Ayton castle is based in Berwickshire, Scotland, and the owner holds the title of ‘The Baron of Ayton’. This is a peculiarity exclusive to Scottish titles, whereby the title passes to the owner of the house and estate associated with it. So, clearly, this would be Nick – head of the house of Ayton, as his family office proudly advertise their ancestral home on their website.

Well, no. Not at all actually.

That title belongs to. Ian Liddell-Grainger MP. The title has belonged to his family for over 100 years.

Nick Ayton and his family are not able to claim Ayton castle as ever having been in their family and they are certainly not descendants of the Baron of Ayton.

Far from being the Ayton family’s home, they have in fact never lived there. The house was originally built by the Home clan – a powerful family from the Scottish Borders and a prominent name through Scottish history.

There has never been any history of any Ayton family holding the title of ‘Baron of Ayton’ or living in Ayton castle.

Instead, Ayton is merely a place name, which was part of the lands owned by the Home clan. Ayton castle was primarily a peel tower that was built by James Home of Ayton (and his lands were confiscated in the Jacobean War due to betraying the Scottish cause).

The Ayton Castle of today was built around the peel tower.

"The estate was subsequently purchased by William Mitchell (later Mitchell-Innes) of Parsonsgreen, Edinburgh, Chief Cashier of the Royal Bank of Scotland. From 1846 – 51 James Gillespie Graham was commissioned to build a new castle at Ayton in the Scottish Baronial style in red sandstone. Further additions were made in the later 19th century."

The Aytons are not related in any way, shape or form to Ayton castle.
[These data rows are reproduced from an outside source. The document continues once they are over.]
-- ===== src/Carv2/Loading.antt =====
-- The two loops of LoadCar load the same; a written stream loads the blocks that were written.
use ipfs_content.Prelude.{
  ℕ, zero, suc, ◌≡◌, ◌↔◌, refl, sym, ap, ◌∙◌, fun_ext, inl, inr, Bool, List, [], ◌∷◌, ◌++◌, ltb,
  if◌then◌else◌, length, Bool-cases, Result, ok, err, ◌>>=◌, Comparable,
}
use ipfs_content.Carv2.{Bytes, CarError, eof, out_of_fuel, Varint, Cids}
use ipfs_content.Carv2.Reader.{next_block}
use ipfs_content.Carv2.Load.{load_car_slow, load_car_fast, flush, on_next}

-- Two results that are a given success together.
abbrev SameOk : {S : Type 0} → S → Result CarError S → Result CarError S → Type 0
SameOk r a b = (a ≡ ok r) ↔ (b ≡ ok r)

SameOk-path : {S : Type 0} {r : S} {a b : Result CarError S} → a ≡ b → SameOk r a b
SameOk-path p = ((λ h. sym p ∙ h), λ h. p ∙ h)

SameOk-errors :
    {S : Type 0} (r : S) (x : CarError) (m : Result CarError S)
    → SameOk r (err x) (m >>= λ z. err x)
SameOk-errors r x (ok z) = ((λ h. cc), λ h. cc)
SameOk-errors r x (err y) = ((λ h. cc), λ h. cc)

bind-ok : {S : Type 0} (m : Result CarError S) → (m >>= λ z. ok z) ≡ m
bind-ok (ok z) = refl
bind-ok (err x) = refl

SameOk-bind :
    {S : Type 0} (r : S) (m : Result CarError S) (f g : S → Result CarError S)
    → ((z : S) → SameOk r (f z) (g z))
    → SameOk r (m >>= f) (m >>= g)
SameOk-bind r (ok z) f g h = h z
SameOk-bind r (err x) f g h = ((λ p. p), λ p. p)

bind_assoc :
    {S : Type 0} (m : Result CarError S) (f g : S → Result CarError S)
    → ((m >>= f) >>= g) ≡ (m >>= λ z. f z >>= g)
bind_assoc (ok z) f g = refl
bind_assoc (err x) f g = refl

module _ {C S : Type 0} (put : S → C × Bytes → Result CarError S) where
  -- One Put after the other.
  abbrev pub put_each : S → List (C × Bytes) → Result CarError S
  put_each st [] = ok st
  put_each st (b ∷ bs) = put st b >>= λ st'. put_each st' bs

  put_each-append :
      (st : S) (xs : List (C × Bytes)) (x : C × Bytes)
      → put_each st (xs ++ x ∷ []) ≡ (put_each st xs >>= λ st'. put st' x)
  put_each-append st [] x = bind-ok (put st x)
  put_each-append st (b ∷ bs) x =
      ap (λ f. put st b >>= f) (fun_ext λ st'. put_each-append st' bs x)
      ∙ sym (bind_assoc (put st b) (λ st'. put_each st' bs) (λ st'. put st' x))

  flush-put_each :
      (put_many : S → List (C × Bytes) → Result CarError S) (buf : List (C × Bytes)) (st : S)
      → ((st : S) (bs : List (C × Bytes)) → put_many st bs ≡ put_each st bs)
      → flush put_many buf st ≡ put_each st buf
  flush-put_each put_many [] st same = refl
  flush-put_each put_many (b ∷ bs) st same = same st (b ∷ bs)

  -- One round of the two loops.
  round-SameOk :
      (put_many : S → List (C × Bytes) → Result CarError S)
      → ((st : S) (bs : List (C × Bytes)) → put_many st bs ≡ put_each st bs)
      → (fast : List (C × Bytes) → Bytes → S → Result CarError S)
        (slow : Bytes → S → Result CarError S) (r : S)
      → ((buf : List (C × Bytes)) (s : Bytes) (st : S)
          → SameOk r (fast buf s st) (put_each st buf >>= slow s))
      → (next : Result CarError ((C × Bytes) × Bytes)) (buf : List (C × Bytes)) (st : S)
      → SameOk r
          (on_next next (flush put_many buf st) λ blk s'.
            if ltb 1000 (length (buf ++ blk ∷ []))
            then put_many st (buf ++ blk ∷ []) >>= fast [] s'
            else fast (buf ++ blk ∷ []) s' st)
          (put_each st buf >>= λ z. on_next next (ok z) λ blk s'. put z blk >>= slow s')
  round-SameOk put_many same fast slow r ih (err eof) buf st =
      SameOk-path (flush-put_each put_many buf st same ∙ sym (bind-ok (put_each st buf)))
  round-SameOk put_many same fast slow r ih (err x) buf st = SameOk-errors r _ (put_each st buf)
  round-SameOk put_many same fast slow r ih (ok (blk, s')) buf st =
      let full = buf ++ blk ∷ [] in
      let whole : (put_each st full >>= slow s')
          ≡ (put_each st buf >>= λ z. put z blk >>= slow s') =
        ap (λ m. m >>= slow s') (put_each-append st buf blk)
        ∙ bind_assoc (put_each st buf) (λ z. put z blk) (slow s') in
      elim (Bool-cases (ltb 1000 (length full))) [
        | inl over ↦
            rw (over, ← whole, same st full)
              (SameOk-bind r (put_each st full) (fast [] s') (slow s') (λ z. ih [] s' z))
        | inr room ↦ rw (room, ← whole) (ih full s' st)
      ]

module _ (v : Varint) {C S : Type 0} (cs : Cids C) ⦃e : Comparable C⦄ (zero_len : Bool)
    (max : ℕ) where
  -- With a PutMany that puts one block after the other, the batched loop, started with the
  -- blocks `buf` waiting, succeeds with a store exactly when the plain loop does after `buf`
  -- was put; so the two loops of LoadCar succeed on the same streams, with the same store.
  pub load_car_fast-load_car_slow :
      (put : S → C × Bytes → Result CarError S)
      (put_many : S → List (C × Bytes) → Result CarError S)
      → ((st : S) (bs : List (C × Bytes)) → put_many st bs ≡ put_each put st bs)
      → (fuel : ℕ) (buf : List (C × Bytes)) (s : Bytes) (st r : S)
      → (load_car_fast v cs zero_len max put_many fuel buf s st ≡ ok r)
        ↔ ((put_each put st buf >>= λ z. load_car_slow v cs zero_len max put fuel s z) ≡ ok r)
  unfolding load_car_fast load_car_slow
  load_car_fast-load_car_slow put put_many same zero buf s st r =
      SameOk-errors r out_of_fuel (put_each put st buf)
  load_car_fast-load_car_slow put put_many same (suc fuel) buf s st r =
      round-SameOk put put_many same
        (λ b s' z. load_car_fast v cs zero_len max put_many fuel b s' z)
        (λ s' z. load_car_slow v cs zero_len max put fuel s' z) r
        (λ b s' z. load_car_fast-load_car_slow put put_many same fuel b s' z r)
        (next_block v cs zero_len max s) buf st
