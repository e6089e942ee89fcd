-- ===== src/Carv2/Stream.antt =====
-- A stream that was written, cut, or is any bytes at all, under the loops of LoadCar.
use ipfs_content.Prelude.{
  ℕ, zero, suc, ◌+◌, ◌^◌, ◌<◌, ◌≤◌, ◌≡◌, refl, ap, fun_ext, Bool, false, Option, none, some, List,
  [], ◌∷◌, ◌++◌, arith, length, length-append, length-drop_le, All, Result, ok, err, ◌>>=◌,
  >>=-eq-ok, Comparable,
}
use ipfs_content.Carv2.{Bytes, CarError, eof, Varint, Cids, CidsLaw}
use ipfs_content.Carv2.Section.{read_node, ld_read, ld_read_size, read_full, check_size, split_node}
use ipfs_content.Carv2.Framing.{
  section, block_bytes, read_node-section, ld_read-section, ld_read-cut,
}
use ipfs_content.Carv2.Header.{CarHeader, HeaderCodec, read_header}
use ipfs_content.Carv2.Reader.{
  next_block, verified, new_car_reader, checked_reader, default_max_section, default_max_header,
}
use ipfs_content.Carv2.Load.{load_car_slow, load_car}
use ipfs_content.Carv2.Loading.{put_each}

module _ (v : Varint) {C : Type 0} (cs : Cids C) where
  -- The sections of the blocks, one after the other, before `tail`.
  abbrev pub stream : List (C × Bytes) → Bytes → Bytes
  stream [] tail = tail
  stream ((c, d) ∷ bs) tail = section v (block_bytes v cs c d) ++ stream bs tail

  -- A block that a reader with the limit `max` accepts: its hash is its CID.
  abbrev pub IsAccepted : ℕ → C × Bytes → Type 0
  IsAccepted max (c, d) =
      (0 < length (block_bytes v cs c d))
      × (length (block_bytes v cs c d) ≤ max)
      × (length (block_bytes v cs c d) < 2 ^ 63)
      × (cs.prefix_sum c d ≡ some c)

check_size_ok :
    (v : Varint) (zero_len : Bool) (max l n : ℕ) (x : Option CarError) (s s' : Bytes)
    → check_size v zero_len max l x s ≡ ok (n, s')
    → (x ≡ none) × (s ≡ s')
unfolding check_size
check_size_ok v zero_len max l n none s s' h = ground arith
check_size_ok v zero_len max l n (some eof) s s' h = ground arith
check_size_ok v zero_len max l n (some x) s s' h = cc

read_full_shrinks : (n : ℕ) (s d s' : Bytes) → read_full n s ≡ ok (d, s') → length s' ≤ length s
unfolding read_full
read_full_shrinks n s d s' h = ground (arith, length-drop_le n s)

ld_read_size_consumes :
    (v : Varint) (zero_len : Bool) (max n : ℕ) (s s' : Bytes)
    → ld_read_size v zero_len max s ≡ ok (n, s')
    → length s' < length s
unfolding ld_read_size
ld_read_size_consumes v zero_len max n s s' h =
    let r = v.read_uvarint s in
    let (fine, left) = check_size_ok v zero_len max r.0.0 n r.0.1 r.1 s' h in
    let whole : v.read_uvarint s ≡ ((r.0.0, none), r.1) = λ i. ((r.0.0, fine i), r.1) in
    omega (arith, v.read_uvarint_consumes s r.1 r.0.0 whole, ap length left)

module _ (v : Varint) {C : Type 0} (cs : Cids C) where
  split_node_rest :
      (d s : Bytes) (o : Option (ℕ × C)) (x : (C × Bytes) × Bytes)
      → split_node v cs d s o ≡ ok x
      → s ≡ x.1
  unfolding split_node
  split_node_rest d s none x h = cc
  split_node_rest d s (some (n, c)) x h = cc

  abbrev with_rest : Bytes → C × Bytes → Result CarError ((C × Bytes) × Bytes)
  with_rest s z = ok (z, s)

  verified_rest :
      ⦃e : Comparable C⦄ (x : (C × Bytes) × Bytes) (o : Option C) (b : C × Bytes) (s : Bytes)
      → (verified v cs x.0.0 x.0.1 o >>= with_rest x.1) ≡ ok (b, s)
      → x.1 ≡ s
  unfolding verified
  verified_rest x o b s h = ground arith

module _ (v : Varint) {C : Type 0} (cs : Cids C) ⦃e : Comparable C⦄ (zero_len : Bool)
    (max : ℕ) where
  next_block-section :
      ⦃law : CidsLaw cs⦄
      → (c : C) (d rest : Bytes) → IsAccepted v cs max (c, d)
      → next_block v cs zero_len max (section v (block_bytes v cs c d) ++ rest) ≡ ok ((c, d), rest)
  unfolding next_block
  next_block-section c d rest (pos, fits, small, hashed) = rw (
    read_node-section v cs zero_len max c d rest small fits pos,
    hashed,
    (e.equal_iff c c).1 refl,
  )

  next_block-cut :
      (n : ℕ)
      → 0 < n
      → n ≤ max
      → n < 2 ^ 63
      → next_block v cs zero_len max (v.put_uvarint n) ≡ err eof
  unfolding next_block read_node
  next_block-cut n pos fits small = rw (ld_read-cut v zero_len max n small fits pos)

  load_car_slow-stream :
      ⦃law : CidsLaw cs⦄
      → {S : Type 0} (put : S → C × Bytes → Result CarError S) (fuel : ℕ) (bs : List (C × Bytes))
        (tail : Bytes) (st : S)
      → All (IsAccepted v cs max) bs
      → length bs < fuel
      → next_block v cs zero_len max tail ≡ err eof
      → load_car_slow v cs zero_len max put fuel (stream v cs bs tail) st ≡ put_each put st bs
  unfolding load_car_slow
  load_car_slow-stream put zero bs tail st good h end = absurd (omega arith)
  load_car_slow-stream put (suc fuel) [] tail st good h end = rw end
  load_car_slow-stream put (suc fuel) ((c, d) ∷ bs) tail st good h end =
      rw (next_block-section c d (stream v cs bs tail) good.0) (
        ap (λ f. put st (c, d) >>= f)
          (fun_ext λ st'. load_car_slow-stream put fuel bs tail st' good.1 (omega arith) end))

  -- A stream that was cut right behind the length of a section, before the section's first byte,
  -- loads as if it ended before that length: LoadCar reports no error, and the block of that
  -- section (of `n` bytes, within the limit) is not there.
  pub load_car_slow-cut :
      ⦃law : CidsLaw cs⦄
      → {S : Type 0} (put : S → C × Bytes → Result CarError S) (fuel n : ℕ) (bs : List (C × Bytes))
        (st : S)
      → All (IsAccepted v cs max) bs
      → length bs < fuel
      → 0 < n
      → n ≤ max
      → n < 2 ^ 63
      → load_car_slow v cs zero_len max put fuel (stream v cs bs (v.put_uvarint n)) st
        ≡ put_each put st bs
  load_car_slow-cut put fuel n bs st good h pos fits small =
      load_car_slow-stream put fuel bs (v.put_uvarint n) st good h (next_block-cut n pos fits small)

  pub next_block_consumes :
      (s s' : Bytes) (b : C × Bytes)
      → next_block v cs zero_len max s ≡ ok (b, s')
      → length s' < length s
  unfolding next_block read_node ld_read
  next_block_consumes s s' b h =
      let (x, node, rest) =
        >>=-eq-ok (read_node v cs zero_len max s)
          (λ x. verified v cs x.0.0 x.0.1 (cs.prefix_sum x.0.0 x.0.1) >>= with_rest v cs x.1) h in
      let (y, bytes, split) =
        >>=-eq-ok (ld_read v zero_len max s) (λ y. split_node v cs y.0 y.1 (cs.cid_from_bytes y.0))
          node in
      let (z, size, full) =
        >>=-eq-ok (ld_read_size v zero_len max s) (λ z. read_full z.0 z.1) bytes in
      omega (
        arith,
        ld_read_size_consumes v zero_len max z.0 s z.1 size,
        read_full_shrinks z.0 z.1 y.0 y.1 full,
        ap length (split_node_rest v cs y.0 y.1 (cs.cid_from_bytes y.0) x split),
        ap length (verified_rest v cs x (cs.prefix_sum x.0.0 x.0.1) b s' rest),
      )

module _ (v : Varint) {C : Type 0} (hc : HeaderCodec C) (cs : Cids C) ⦃e : Comparable C⦄ where
  new_car_reader-section :
      (h : CarHeader C) (r : C) (rs : List C) (hb rest : Bytes)
      → hc.encode h ≡ some hb
      → h.version ≡ 1
      → h.roots ≡ r ∷ rs
      → 0 < length hb
      → length hb ≤ default_max_header
      → new_car_reader v hc (section v hb ++ rest)
        ≡ ok (record {
          stream = rest;
          header = h;
          zero_len_as_eof = false;
          max_section = default_max_section;
        })
  unfolding new_car_reader read_header
  new_car_reader-section h r rs hb rest enc one roots pos fits =
      rw
        (
          ld_read-section v false default_max_header hb rest (omega arith) fits pos,
          hc.decode-encode h hb enc,
        )
        (checked_reader_lem h r rs rest one roots)
    where
      checked_reader_lem :
          (h : CarHeader C) (r : C) (rs : List C) (rest : Bytes)
          → h.version ≡ 1
          → h.roots ≡ r ∷ rs
          → checked_reader v hc false default_max_section (h, rest)
            ≡ ok (record {
              stream = rest;
              header = h;
              zero_len_as_eof = false;
              max_section = default_max_section;
            })
      checked_reader_lem h r rs rest one roots = ground arith

  length-stream :
      (max : ℕ) (bs : List (C × Bytes))
      → All (IsAccepted v cs max) bs
      → length bs ≤ length (stream v cs bs [])
  length-stream max [] good = omega arith
  length-stream max ((c, d) ∷ bs) good =
      let whole = length-append (section v (block_bytes v cs c d)) (stream v cs bs []) in
      let part =
        length-append (v.put_uvarint (length (block_bytes v cs c d))) (block_bytes v cs c d) in
      omega (arith, whole, part, length-stream max bs good.1, good.0.0)

  next_block-nil : (max : ℕ) → next_block v cs false max [] ≡ err eof
  unfolding next_block read_node ld_read ld_read_size check_size
  next_block-nil max = rw v.read_uvarint-nil (ground arith)

  -- LoadCar, into a store with no PutMany, of a header of version 1 with a root and of blocks that
  -- hash to their CIDs, each written as a section within the default limits: it puts exactly these
  -- blocks, in order, and returns the header, or the store's error.
  pub load_car-stream :
      ⦃law : CidsLaw cs⦄
      → {S : Type 0} (put : S → C × Bytes → Result CarError S) (h : CarHeader C) (r : C)
        (rs : List C) (hb : Bytes) (bs : List (C × Bytes)) (st : S)
      → hc.encode h ≡ some hb
      → h.version ≡ 1
      → h.roots ≡ r ∷ rs
      → 0 < length hb
      → length hb ≤ default_max_header
      → All (IsAccepted v cs default_max_section) bs
      → load_car v hc cs
          (record { put = put; put_many = none })
          (section v hb ++ stream v cs bs [])
          st
        ≡ (put_each put st bs >>= λ st'. ok (h, st'))
  unfolding load_car
  load_car-stream put h r rs hb bs st enc one roots pos fits good = rw (
    new_car_reader-section h r rs hb (stream v cs bs []) enc one roots pos fits,
    load_car_slow-stream v cs false default_max_section put (length (stream v cs bs []) + 1) bs []
        st good (omega (arith, length-stream default_max_section bs good))
        (next_block-nil default_max_section),
  )
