-- ===== src/Carv2/Ends.antt =====
-- The end of the loops of LoadCar, on any stream.
use ipfs_content.Prelude.{
  ℕ, zero, suc, ◌+◌, ◌<◌, ◌≡◌, ◌≢◌, refl, ap, inl, inr, false, Bool, Bool-cases, Option, none, some,
  List, [], ◌∷◌, ◌++◌, arith, length, ltb, Result, ok, err, ◌>>=◌, Option-cases, Comparable,
}
use ipfs_content.Carv2.{Bytes, CarError, eof, section_too_large, out_of_fuel, Varint, Cids}
use ipfs_content.Carv2.Section.{read_node, ld_read, ld_read_size, read_full, check_size, split_node}
use ipfs_content.Carv2.Header.{CarHeader, HeaderCodec, read_header, header_error, parsed}
use ipfs_content.Carv2.Reader.{
  CarReader, next_block, verified, new_car_reader, checked_reader, default_max_section,
  default_max_header,
}
use ipfs_content.Carv2.Load.{
  Store, on_next, flush, load_car_slow, load_car_fast, load_blocks, load_car,
}
use ipfs_content.Carv2.Stream.{next_block_consumes}

-- The fuel was not used up, whatever else the result is.
abbrev pub HasFuel : {A : Type 0} → Result CarError A → Type 0
HasFuel r = r ≢ err out_of_fuel

HasFuel->>= :
    {A B : Type 0} (r : Result CarError A) (f : A → Result CarError B)
    → HasFuel r
    → ((a : A) → r ≡ ok a → HasFuel (f a))
    → HasFuel (r >>= f)
HasFuel->>= (err x) f h k = λ p. h (ap err (cc p))
HasFuel->>= (ok a) f h k = k a refl

HasFuel-on_next :
    {C S : Type 0} (next : Result CarError ((C × Bytes) × Bytes)) (stop : Result CarError S)
    (go : C × Bytes → Bytes → Result CarError S)
    → HasFuel next
    → HasFuel stop
    → ((b : C × Bytes) (s : Bytes) → next ≡ ok (b, s) → HasFuel (go b s))
    → HasFuel (on_next next stop go)
HasFuel-on_next (err eof) stop go n h k = h
HasFuel-on_next (err x) stop go n h k = λ p. n (ap err (cc p))
HasFuel-on_next (ok (b, s)) stop go n h k = k b s refl

HasFuel-read_full : (n : ℕ) (s : Bytes) → HasFuel (read_full n s)
unfolding read_full
HasFuel-read_full n s p = ground arith

-- The varint library never answers the error that stands for a loop without fuel.
abbrev pub ReadsEnd : Varint → Type 0
ReadsEnd v = (s : Bytes) → (v.read_uvarint s).0.1 ≢ some out_of_fuel

module _ (v : Varint) where
  HasFuel-check_size :
      (zero_len : Bool) (max l : ℕ) (x : Option CarError) (s : Bytes)
      → x ≢ some out_of_fuel
      → HasFuel (check_size v zero_len max l x s)
  unfolding check_size
  HasFuel-check_size zero_len max l none s h p = ground arith
  HasFuel-check_size zero_len max l (some eof) s h p = ground arith
  HasFuel-check_size zero_len max l (some x) s h p = h (ap some (cc p))

  HasFuel-ld_read :
      (zero_len : Bool) (max : ℕ) (s : Bytes) → ReadsEnd v → HasFuel (ld_read v zero_len max s)
  unfolding ld_read ld_read_size
  HasFuel-ld_read zero_len max s h =
      let r = v.read_uvarint s in
      HasFuel->>= (check_size v zero_len max r.0.0 r.0.1 r.1) (λ r. read_full r.0 r.1)
        (HasFuel-check_size zero_len max r.0.0 r.0.1 r.1 (h s)) (λ a q. HasFuel-read_full a.0 a.1)

  module _ {C : Type 0} (cs : Cids C) ⦃e : Comparable C⦄ (zero_len : Bool) (max : ℕ) where
    HasFuel-split_node : (d s : Bytes) (o : Option (ℕ × C)) → HasFuel (split_node v cs d s o)
    unfolding split_node
    HasFuel-split_node d s none p = cc p
    HasFuel-split_node d s (some (n, c)) p = cc p

    HasFuel-verified : (c : C) (d : Bytes) (o : Option C) → HasFuel (verified v cs c d o)
    unfolding verified
    HasFuel-verified c d none p = cc p
    HasFuel-verified c d (some hashed) p = ground arith

    HasFuel-next_block : (s : Bytes) → ReadsEnd v → HasFuel (next_block v cs zero_len max s)
    unfolding next_block read_node
    HasFuel-next_block s h =
        HasFuel->>= (read_node v cs zero_len max s) _
          (HasFuel->>= (ld_read v zero_len max s) _ (HasFuel-ld_read zero_len max s h)
            λ y q. HasFuel-split_node y.0 y.1 (cs.cid_from_bytes y.0))
          λ x q.
            HasFuel->>= (verified v cs x.0.0 x.0.1 (cs.prefix_sum x.0.0 x.0.1)) _
              (HasFuel-verified x.0.0 x.0.1 (cs.prefix_sum x.0.0 x.0.1)) λ b q' p. cc p

    module _ {S : Type 0} where
      HasFuel-load_car_slow :
          (put : S → C × Bytes → Result CarError S)
          → ReadsEnd v
          → ((st : S) (b : C × Bytes) → HasFuel (put st b))
          → (fuel : ℕ) (s : Bytes) (st : S) → length s < fuel
          → HasFuel (load_car_slow v cs zero_len max put fuel s st)
      unfolding load_car_slow
      HasFuel-load_car_slow put h stored zero s st less = absurd (omega arith)
      HasFuel-load_car_slow put h stored (suc fuel) s st less =
          HasFuel-on_next (next_block v cs zero_len max s) (ok st) _ (HasFuel-next_block s h)
            (λ p. cc p)
            λ b s' read. HasFuel->>= (put st b) _ (stored st b) λ st' q.
              let shorter = next_block_consumes v cs zero_len max s s' b read in
              HasFuel-load_car_slow put h stored fuel s' st' (omega (arith, shorter, less))

      HasFuel-flush :
          (put_many : S → List (C × Bytes) → Result CarError S)
          → ((st : S) (bs : List (C × Bytes)) → HasFuel (put_many st bs))
          → (bs : List (C × Bytes)) (st : S) → HasFuel (flush put_many bs st)
      HasFuel-flush put_many stored [] st = λ p. cc p
      HasFuel-flush put_many stored (b ∷ bs) st = stored st (b ∷ bs)

      HasFuel-load_car_fast :
          (put_many : S → List (C × Bytes) → Result CarError S)
          → ReadsEnd v
          → ((st : S) (bs : List (C × Bytes)) → HasFuel (put_many st bs))
          → (fuel : ℕ) (buf : List (C × Bytes)) (s : Bytes) (st : S) → length s < fuel
          → HasFuel (load_car_fast v cs zero_len max put_many fuel buf s st)
      unfolding load_car_fast
      HasFuel-load_car_fast put_many h stored zero buf s st less = absurd (omega arith)
      HasFuel-load_car_fast put_many h stored (suc fuel) buf s st less =
          HasFuel-on_next (next_block v cs zero_len max s) (flush put_many buf st) _
            (HasFuel-next_block s h) (HasFuel-flush put_many stored buf st)
            λ b s' read.
              let shorter = next_block_consumes v cs zero_len max s s' b read in
              let full = buf ++ b ∷ [] in
              elim (Bool-cases (ltb 1000 (length full))) [
                | inl over ↦ rw over (
                    HasFuel->>= (put_many st full) _ (stored st full) λ st' q.
                      HasFuel-load_car_fast put_many h stored fuel [] s' st'
                        (omega (arith, shorter, less)))
                | inr room ↦ rw room (
                    HasFuel-load_car_fast put_many h stored fuel full s' st
                      (omega (arith, shorter, less)))
              ]

HasFuel-header_error : {A : Type 0} (r : Result CarError A) → HasFuel r → HasFuel (header_error r)
unfolding header_error
HasFuel-header_error (err section_too_large) h = λ p. cc p
HasFuel-header_error (err x) h = h
HasFuel-header_error (ok a) h = h

module _ (v : Varint) {C : Type 0} (hc : HeaderCodec C) where
  HasFuel-parsed : (s : Bytes) (o : Option (CarHeader C)) → HasFuel (parsed v hc s o)
  unfolding parsed
  HasFuel-parsed s none p = cc p
  HasFuel-parsed s (some h) p = cc p

  HasFuel-checked_reader :
      (zero_len : Bool) (max : ℕ) (x : CarHeader C × Bytes)
      → HasFuel (checked_reader v hc zero_len max x)
  unfolding checked_reader
  HasFuel-checked_reader zero_len max x p = ground arith

  HasFuel-new_car_reader : (s : Bytes) → ReadsEnd v → HasFuel (new_car_reader v hc s)
  unfolding new_car_reader read_header
  HasFuel-new_car_reader s h =
      let header = ld_read v false default_max_header s in
      HasFuel->>= (read_header v hc default_max_header s) _
        (HasFuel->>= (header_error header) _
          (HasFuel-header_error header (HasFuel-ld_read v false default_max_header s h))
          λ r q. HasFuel-parsed r.1 (hc.decode r.0))
        λ x q. HasFuel-checked_reader false default_max_section x

module _ (v : Varint) {C S : Type 0} (hc : HeaderCodec C) (cs : Cids C) ⦃e : Comparable C⦄ where
  HasFuel-load_blocks :
      (store : Store C S) (r : CarReader C) (st : S)
      → ReadsEnd v
      → ((st : S) (b : C × Bytes) → HasFuel (store.put st b))
      → ((put_many : S → List (C × Bytes) → Result CarError S)
          → store.put_many ≡ some put_many
          → (st : S) (bs : List (C × Bytes)) → HasFuel (put_many st bs))
      → HasFuel (load_blocks v hc cs store r st)
  unfolding load_blocks
  HasFuel-load_blocks store r st h one many = elim (Option-cases store.put_many) [
    | inl slow ↦
        rw (slow, load_blocks)
          (HasFuel-load_car_slow v cs r.zero_len_as_eof r.max_section store.put h one
            (length r.stream + 1) r.stream st (omega arith))
    | inr (put_many, fast) ↦
        rw (fast, load_blocks)
          (HasFuel-load_car_fast v cs r.zero_len_as_eof r.max_section put_many h
            (many put_many fast) (length r.stream + 1) [] r.stream st (omega arith))
  ]

  -- LoadCar ends on every stream, into a store with PutMany or without: the fuel of its loops, one
  -- more than the bytes behind the header, is never used up, where neither the store nor the varint
  -- library answers with the error that stands for that.
  pub load_car_ends :
      (store : Store C S) (s : Bytes) (st : S)
      → ReadsEnd v
      → ((st : S) (b : C × Bytes) → HasFuel (store.put st b))
      → ((put_many : S → List (C × Bytes) → Result CarError S)
          → store.put_many ≡ some put_many
          → (st : S) (bs : List (C × Bytes)) → HasFuel (put_many st bs))
      → load_car v hc cs store s st ≢ err out_of_fuel
  unfolding load_car
  load_car_ends store s st h one many =
      HasFuel->>= (new_car_reader v hc s) _ (HasFuel-new_car_reader v hc s h) λ r q.
        HasFuel->>= (load_blocks v hc cs store r st) _ (HasFuel-load_blocks store r st h one many)
          λ st' q' p. cc p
They merely share a surname with a place in Scotland.

So inclusion of Ayton Castle on the Ayton Family Office website is a clear attempt to mislead and hijack a family history that doesn’t even exist.

The fact is, the Aytons do not have an esteemed family history. Their recent history is questionable at best – Nick Ayton was best friends with the fall guy for the massive pension fraud he was involved with, he raised money selling securities illegally through his Initial Coin Offering for 21MILLION project, his LinkedIn profile is full of misrepresentations and lies (University de la Romande doesn’t seem to have ever existed, thus has never offered an MBA).


It is clearly an attempt to take the heat off this family office scam that Nick – the head of the Ayton Family – is not listed on the website.

But who are the trust managers for Ayton Fmaily Office trust in that case?

Arnold Ayton and Obediah Ayton are two of Nick’s sons. Debbie Ayton is his wife. She is also involved in 21 Million as a director and was part of a plot to remove David Lofts from that company.

It should be noted that a single family office (SFO) usually has assets of over $100million. It would seem very liberal to assume the Aytons have such an amount, given that Nick still owes over £10million to The Pension Regulator due to a previous scam he was involved in.

The only reason we can think for the Aytons pretending to be landed Scottish gentry is to grant a certain esteem to what is a damaged family name through their previous actions.

The sad fact is, if Arnold and Obe are as well educated as they would have us believe, there is every chance they could run a legitimate business to relative success without the need to lie, cheat and deceive people looking to raise funds out of their money.

The only reason for them lying about their family history is, presumably, some sort of long con – a ‘fake it til you make it’ play in which they take money off startup owners hoping to raise capital whilst delivering very little.

The Ayton’s prior relationship with the Ritossa Family Office summits appears to have come to an abrupt end, perhaps due to their proposition of overpromising and under-delivering finally catching up to them.

In our opinion, you should avoid the Ayton family and the fake Ayton Family Office like COVID-19. Both hold the potential to leave you feeling thoroughly dishevelled and exhausted, but for differing reasons.